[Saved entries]
◇ ◇ ◇

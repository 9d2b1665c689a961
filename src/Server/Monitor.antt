-- ===== src/Server/Monitor.antt =====
-- What a scan of the monitor does, also where notifications fail.
use workflow_automation_plat.Common.{
  ℕ, zero, suc, ◌≡◌, ◌≢◌, ◌≤◌, refl, sym, ◌∙◌, arith, Bool, true, false, List, [], ◌∷◌, map, keep,
  inl, inr, Bool-cases, ◌==◌, ==_iff,
}
use workflow_automation_plat.Engine.Process.{RequestStep}
use workflow_automation_plat.Server.Store.{RequestRow, Db}
use workflow_automation_plat.Server.Sla.{
  is_overdue, mark, mark_request, overdue_count, notified_count, scan_for_breaches,
}

marked : (now : ℕ) (x : RequestStep) → is_overdue now (mark now x) ≡ false
marked now x = elim (Bool-cases (is_overdue now x)) [ inl e ↦ rw e (ground arith) | inr e ↦ rw e e ]

none-overdue : (now : ℕ) (xs : List RequestStep) → keep (is_overdue now) (map (mark now) xs) ≡ []
none-overdue now [] = refl
none-overdue now (x ∷ xs) = rw (marked now x, none-overdue now xs) refl

marked-count :
    (now : ℕ) (rows : List RequestRow) → overdue_count now (map (mark_request now) rows) ≡ 0
unfolding overdue_count
marked-count now [] = refl
marked-count now (r ∷ rows) =
    rw (none-overdue now r.state.steps, marked-count now rows) (omega arith)

notified-all :
    (delivered : ℕ → Bool) (i n : ℕ)
    → ((j : ℕ) → delivered j ≡ true)
    → notified_count delivered i n ≡ n
unfolding notified_count
notified-all delivered i zero h = refl
notified-all delivered i (suc n) h = rw (h i, notified-all delivered (suc i) n h) (omega arith)

notified-none :
    (delivered : ℕ → Bool) (i n : ℕ)
    → ((j : ℕ) → delivered j ≡ false)
    → notified_count delivered i n ≡ 0
unfolding notified_count
notified-none delivered i zero h = refl
notified-none delivered i (suc n) h = rw (h i, notified-none delivered (suc i) n h) refl

notified-le : (delivered : ℕ → Bool) (i n : ℕ) → notified_count delivered i n ≤ n
unfolding notified_count
notified-le delivered i zero = omega arith
notified-le delivered i (suc n) = let rest = notified-le delivered (suc i) n in ground arith

scanned_once :
    (delivered : ℕ → Bool) (now : ℕ) (db : Db)
    → (scan_for_breaches delivered now db).1
      ≡ notified_count delivered 0 (overdue_count now db.requests)
unfolding scan_for_breaches
scanned_once delivered now db = refl

quiet :
    (delivered : ℕ → Bool) (now : ℕ) (db : Db)
    → overdue_count now db.requests ≡ 0
    → scan_for_breaches delivered now db ≡ (db, 0)
unfolding scan_for_breaches
quiet delivered now db e = rw e refl

kept :
    (delivered : ℕ → Bool) (now : ℕ) (db : Db)
    → notified_count delivered 0 (overdue_count now db.requests) ≡ 0
    → (scan_for_breaches delivered now db).0 ≡ db
unfolding scan_for_breaches
kept delivered now db e = rw e refl

cleared :
    (delivered : ℕ → Bool) (now : ℕ) (db : Db)
    → notified_count delivered 0 (overdue_count now db.requests) ≢ 0
    → overdue_count now (scan_for_breaches delivered now db).0.requests ≡ 0
unfolding scan_for_breaches
cleared delivered now db e =
    let n = notified_count delivered 0 (overdue_count now db.requests) in
    let some_n : (n == 0) ≡ false = ground (arith, ==_iff n 0) in
    rw some_n (marked-count now db.requests)

-- A scan reports at most the overdue steps, and all of them if every notification is taken. If it
-- reports none, nothing is changed, so that the steps are found again. If it reports any, then no
-- step is overdue any more, not even one whose notification failed: another scan at the same time
-- finds none and changes nothing.
pub scan_for_breaches_lem :
    (delivered : ℕ → Bool) (now : ℕ) (db : Db)
    → let after = scan_for_breaches delivered now db in
      (after.1 ≤ overdue_count now db.requests)
      × (((j : ℕ) → delivered j ≡ true) → after.1 ≡ overdue_count now db.requests)
      × (after.1 ≡ 0 → after.0 ≡ db)
      × (after.1 ≢ 0
          → (overdue_count now after.0.requests ≡ 0)
            × ((again : ℕ → Bool) → scan_for_breaches again now after.0 ≡ (after.0, 0)))
scan_for_breaches_lem delivered now db =
    let n = overdue_count now db.requests in
    let same = scanned_once delivered now db in
    (
      rw same (notified-le delivered 0 n),
      (λ h. rw same (notified-all delivered 0 n h)),
      (λ e. kept delivered now db (sym same ∙ e)),
      λ e.
          let none_left = cleared delivered now db (λ k. e (same ∙ k)) in
          (none_left, λ again. quiet again now (scan_for_breaches delivered now db).0 none_left),
    )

◇ ◇ ◇

### Work instructions:
Look back at the records above. Repeat all of them exactly.

### Task response:
repository 9d2b1665c689a961
filename src/Server/Monitor.antt
-- ===== src/Server/Monitor.antt =====
-- What a scan of the monitor does, also where notifications fail.
use workflow_automation_plat.Common.{
  ℕ, zero, suc, ◌≡◌, ◌≢◌, ◌≤◌, refl, sym, ◌∙◌, arith, Bool, true, false, List, [], ◌∷◌, map, keep,
  inl, inr, Bool-cases, ◌==◌, ==_iff,
}
use workflow_automation_plat.Engine.Process.{RequestStep}
use workflow_automation_plat.Server.Store.{RequestRow, Db}
use workflow_automation_plat.Server.Sla.{
  is_overdue, mark, mark_request, overdue_count, notified_count, scan_for_breaches,
}

marked : (now : ℕ) (x : RequestStep) → is_overdue now (mark now x) ≡ false
marked now x = elim (Bool-cases (is_overdue now x)) [ inl e ↦ rw e (ground arith) | inr e ↦ rw e e ]

none-overdue : (now : ℕ) (xs : List RequestStep) → keep (is_overdue now) (map (mark now) xs) ≡ []
none-overdue now [] = refl
none-overdue now (x ∷ xs) = rw (marked now x, none-overdue now xs) refl

marked-count :
    (now : ℕ) (rows : List RequestRow) → overdue_count now (map (mark_request now) rows) ≡ 0
unfolding overdue_count
marked-count now [] = refl
marked-count now (r ∷ rows) =
    rw (none-overdue now r.state.steps, marked-count now rows) (omega arith)

notified-all :
    (delivered : ℕ → Bool) (i n : ℕ)
    → ((j : ℕ) → delivered j ≡ true)
    → notified_count delivered i n ≡ n
unfolding notified_count
notified-all delivered i zero h = refl
notified-all delivered i (suc n) h = rw (h i, notified-all delivered (suc i) n h) (omega arith)

notified-none :
    (delivered : ℕ → Bool) (i n : ℕ)
    → ((j : ℕ) → delivered j ≡ false)
    → notified_count delivered i n ≡ 0
unfolding notified_count
notified-none delivered i zero h = refl
notified-none delivered i (suc n) h = rw (h i, notified-none delivered (suc i) n h) refl

notified-le : (delivered : ℕ → Bool) (i n : ℕ) → notified_count delivered i n ≤ n
unfolding notified_count
notified-le delivered i zero = omega arith
notified-le delivered i (suc n) = let rest = notified-le delivered (suc i) n in ground arith

scanned_once :
    (delivered : ℕ → Bool) (now : ℕ) (db : Db)
    → (scan_for_breaches delivered now db).1
      ≡ notified_count delivered 0 (overdue_count now db.requests)
unfolding scan_for_breaches
scanned_once delivered now db = refl

quiet :
    (delivered : ℕ → Bool) (now : ℕ) (db : Db)
    → overdue_count now db.requests ≡ 0
    → scan_for_breaches delivered now db ≡ (db, 0)
unfolding scan_for_breaches
quiet delivered now db e = rw e refl

kept :
    (delivered : ℕ → Bool) (now : ℕ) (db : Db)
    → notified_count delivered 0 (overdue_count now db.requests) ≡ 0
    → (scan_for_breaches delivered now db).0 ≡ db
unfolding scan_for_breaches
kept delivered now db e = rw e refl

cleared :
    (delivered : ℕ → Bool) (now : ℕ) (db : Db)
    → notified_count delivered 0 (overdue_count now db.requests) ≢ 0
    → overdue_count now (scan_for_breaches delivered now db).0.requests ≡ 0
unfolding scan_for_breaches
cleared delivered now db e =
    let n = notified_count delivered 0 (overdue_count now db.requests) in
    let some_n : (n == 0) ≡ false = ground (arith, ==_iff n 0) in
    rw some_n (marked-count now db.requests)

-- A scan reports at most the overdue steps, and all of them if every notification is taken. If it
-- reports none, nothing is changed, so that the steps are found again. If it reports any, then no
-- step is overdue any more, not even one whose notification failed: another scan at the same time
-- finds none and changes nothing.
pub scan_for_breaches_lem :
    (delivered : ℕ → Bool) (now : ℕ) (db : Db)
    → let after = scan_for_breaches delivered now db in
      (after.1 ≤ overdue_count now db.requests)
      × (((j : ℕ) → delivered j ≡ true) → after.1 ≡ overdue_count now db.requests)
      × (after.1 ≡ 0 → after.0 ≡ db)
      × (after.1 ≢ 0
          → (overdue_count now after.0.requests ≡ 0)
            × ((again : ℕ → Bool) → scan_for_breaches again now after.0 ≡ (after.0, 0)))
scan_for_breaches_lem delivered now db =
    let n = overdue_count now db.requests in
    let same = scanned_once delivered now db in
    (
      rw same (notified-le delivered 0 n),
      (λ h. rw same (notified-all delivered 0 n h)),
      (λ e. kept delivered now db (sym same ∙ e)),
      λ e.
          let none_left = cleared delivered now db (λ k. e (same ∙ k)) in
          (none_left, λ again. quiet again now (scan_for_breaches delivered now db).0 none_left),
    )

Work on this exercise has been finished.